![](http://datasheet.mmic.net.cn/230000/INSTRUCTIN603EWP_datasheet_15584964/INSTRUCTIN603EWP_19.png)
RISC Microprocessor Division
Page 19
The branch processing unit (BPU) can fold certain branches out of the instruction queue. They are
removed from the IQ before being dispatched, allowing the dispatcher to handle other instructions, and
freeing space in the instruction queue and completion queue for other instructions. Frequently,
instruction flow can continue as if the branch had not occurred.
The BPU can fold all unconditional branches, as well as conditional branches that do not involve the
CTR or LR. Conditional branches that do involve these registers cannot be folded because the CTR
and LR have corresponding rename registers which can only be tracked if branches using them get
recorded in the completion queue by being dispatched.
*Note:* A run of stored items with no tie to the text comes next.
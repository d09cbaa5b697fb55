-- ===== src/Network/Receiving/Messages.antt =====
-- Lemmas on `processIncomingData` and `cleanupExpiredFragments` of src/NetworkManager.cpp.
use barren_engine.Common.{
  ℕ, ◌%◌, ◌≡◌, refl, true, false, none, some, List, [], ◌∷◌, ◌++◌, Bytes, All, arith, u32_mod, find,
  assign, nat_eq, find-erase_all, contains, if◌then◌else◌, get_or_else, ◌+◌, ◌*◌, ◌^◌, leb, Option,
  ◌∙◌,
}
use barren_engine.Network.Manager.{
  NetworkConfig, NetworkMessage, FragmentInfo, NetworkManager, Environment,
}
use barren_engine.Network.Sending.Totals.{IsPlain}
use barren_engine.Network.Receiving.{
  decrypt_incoming, process_incoming_bytes, store_fragment, empty_info, open_fragment, handled,
  out_of_bounds, deliver, handle_fragment, process_incoming_data, is_expired, expired_keys,
  cleanup_expired_fragments,
}

process_incoming_bytes_plain :
    (env : Environment) (config : NetworkConfig) (bytes : Bytes)
    → IsPlain config
    → process_incoming_bytes env config bytes ≡ some bytes
unfolding process_incoming_bytes decrypt_incoming
process_incoming_bytes_plain env config bytes p = ground arith

-- Without encryption and compression a non-empty packet, taken for no fragment, is queued as a message
-- with its bytes behind those that wait, is handed to the callback where there is one, and counts
-- as activity of its client.
pub process_incoming_data_plain :
    (env : Environment) (memory : NetworkMessage) (m : NetworkManager) (b : ℕ) (bytes : Bytes)
    (client now system : ℕ)
    → IsPlain m.config
    → memory.is_fragment ≡ false
    → let message = record memory { bytes = b ∷ bytes; timestamp = system % u32_mod } in
      process_incoming_data env memory m (b ∷ bytes) client now system
      ≡ handled (record m {
        message_queue = m.message_queue ++ message ∷ [];
        last_activity = assign client now m.last_activity;
        called_back =
            if m.has_message_callback then m.called_back ++ message ∷ [] else m.called_back;
      })
unfolding process_incoming_data deliver
process_incoming_data_plain env memory m b bytes client now system p f =
    rw (process_incoming_bytes_plain env m.config (b ∷ bytes) p, process_incoming_data) (rw f)

abbrev pub HasNoFragments : ℕ × FragmentInfo → Type 0
HasNoFragments e = e.1.fragments ≡ []

find_no_fragments :
    (k : ℕ) (entries : List (ℕ × FragmentInfo))
    → All HasNoFragments entries
    → (get_or_else (find k entries) empty_info).fragments ≡ []
unfolding find
find_no_fragments k [] h = refl
find_no_fragments k ((j, info) ∷ entries) h = ground (arith, find_no_fragments k entries h.1)

store_fragment-none :
    (info : FragmentInfo) (message : NetworkMessage)
    → info.fragments ≡ []
    → store_fragment info message ≡ none
unfolding store_fragment
store_fragment-none info message e = ground arith

open_fragment_none :
    (m : NetworkManager) (message : NetworkMessage) (now : ℕ)
    → All HasNoFragments m.fragment_map
    → (open_fragment m message now).fragments ≡ []
unfolding open_fragment
open_fragment_none m message now h =
    ground (arith, find_no_fragments message.message_id m.fragment_map h)

fragment_out_of_bounds :
    (m : NetworkManager) (message : NetworkMessage) (client now : ℕ)
    → All HasNoFragments m.fragment_map
    → handle_fragment m message client now ≡ out_of_bounds
unfolding handle_fragment
fragment_out_of_bounds m message client now h = rw (
  store_fragment-none (open_fragment m message now) message (open_fragment_none m message now h),
  handle_fragment,
)

-- Without encryption and compression, and as long as no entry of the fragment map has a fragment, a
-- non-empty packet that is taken for a fragment ends in an access out of bounds.
pub process_incoming_data_fragment :
    (env : Environment) (memory : NetworkMessage) (m : NetworkManager) (b : ℕ) (bytes : Bytes)
    (client now system : ℕ)
    → IsPlain m.config
    → memory.is_fragment ≡ true
    → All HasNoFragments m.fragment_map
    → process_incoming_data env memory m (b ∷ bytes) client now system ≡ out_of_bounds
unfolding process_incoming_data
process_incoming_data_fragment env memory m b bytes client now system p f h =
    let message = record memory { bytes = b ∷ bytes; timestamp = system % u32_mod } in
    rw (process_incoming_bytes_plain env m.config (b ∷ bytes) p, process_incoming_data)
      (ground (arith, fragment_out_of_bounds m message client now h))

-- No key stands twice in the entries of a map.
abbrev pub HasDistinctKeys : List (ℕ × FragmentInfo) → Type 0
HasDistinctKeys [] = Unit {0}
HasDistinctKeys ((k, info) ∷ entries) = (find k entries ≡ none) × HasDistinctKeys entries

-- What is left of what was found: nothing, once it is as old as the timeout.
abbrev pub unexpired : NetworkManager → ℕ → Option FragmentInfo → Option FragmentInfo
unexpired m now none = none
unexpired m now (some info) =
    if leb (info.timestamp + m.config.fragment_timeout * 10 ^ 6) now then none else some info

not_among :
    (m : NetworkManager) (now k : ℕ) (entries : List (ℕ × FragmentInfo))
    → find k entries ≡ none
    → contains k (expired_keys m now entries) ≡ false
unfolding find expired_keys
not_among m now k [] e = refl
not_among m now k ((j, w) ∷ entries) e = ground (arith, not_among m now k entries)

unexpired-contains :
    (m : NetworkManager) (now k : ℕ) (entries : List (ℕ × FragmentInfo))
    → HasDistinctKeys entries
    → (if contains k (expired_keys m now entries) then none else find k entries)
      ≡ unexpired m now (find k entries)
unfolding find expired_keys is_expired
unexpired-contains m now k [] h = refl
unexpired-contains m now k ((j, w) ∷ entries) h =
    ground (arith, not_among m now k entries, unexpired-contains m now k entries h.1)

-- If no identity stands twice in the map of fragments, the cleanup leaves exactly the entries whose last
-- start lies less than the timeout back: each of these is found as before, and no other is found.
pub cleanup_expired_fragments_lem :
    (m : NetworkManager) (now k : ℕ)
    → HasDistinctKeys m.fragment_map
    → find k (cleanup_expired_fragments m now).fragment_map
      ≡ unexpired m now (find k m.fragment_map)
unfolding cleanup_expired_fragments
cleanup_expired_fragments_lem m now k h =
    find-erase_all (expired_keys m now m.fragment_map) k m.fragment_map
    ∙ unexpired-contains m now k m.fragment_map h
Consider the left two columns of diagrams. We start with four instructions in the instruction queue.
Instruction C is a branch. In the second column, we see that instructions A and B have been
dispatched and have entries in the completion queue, and that instruction C has been folded out by the
BPU. Instructions E and F have also been fetched in.
Because superscalar processors feature multiple units that are attempting to flow instructions through
their pipelines as quickly as possible, race conditions between various resources can occasionally
arise. One race condition occurs in the instruction queue: if the dispatcher can tag a branch for
dispatch before the BPU can fold it out of the instruction queue, then the branch will not be folded; it will
be dispatched and an entry created for it in the completion queue. This situation typically occurs if the
IQ is empty or near-empty and the foldable branch is fetched directly into one of the bottom two slots
(i.e. the slots from which instructions are dispatched). However, the performance impact of this race
condition is negligible.
The right two columns illustrate the branch race condition. Instructions A and B have just been fetched
into the instruction queue, with A being a branch. In this case, the dispatcher grabs A before it can be
folded, and we see it in the completion queue in the next cycle.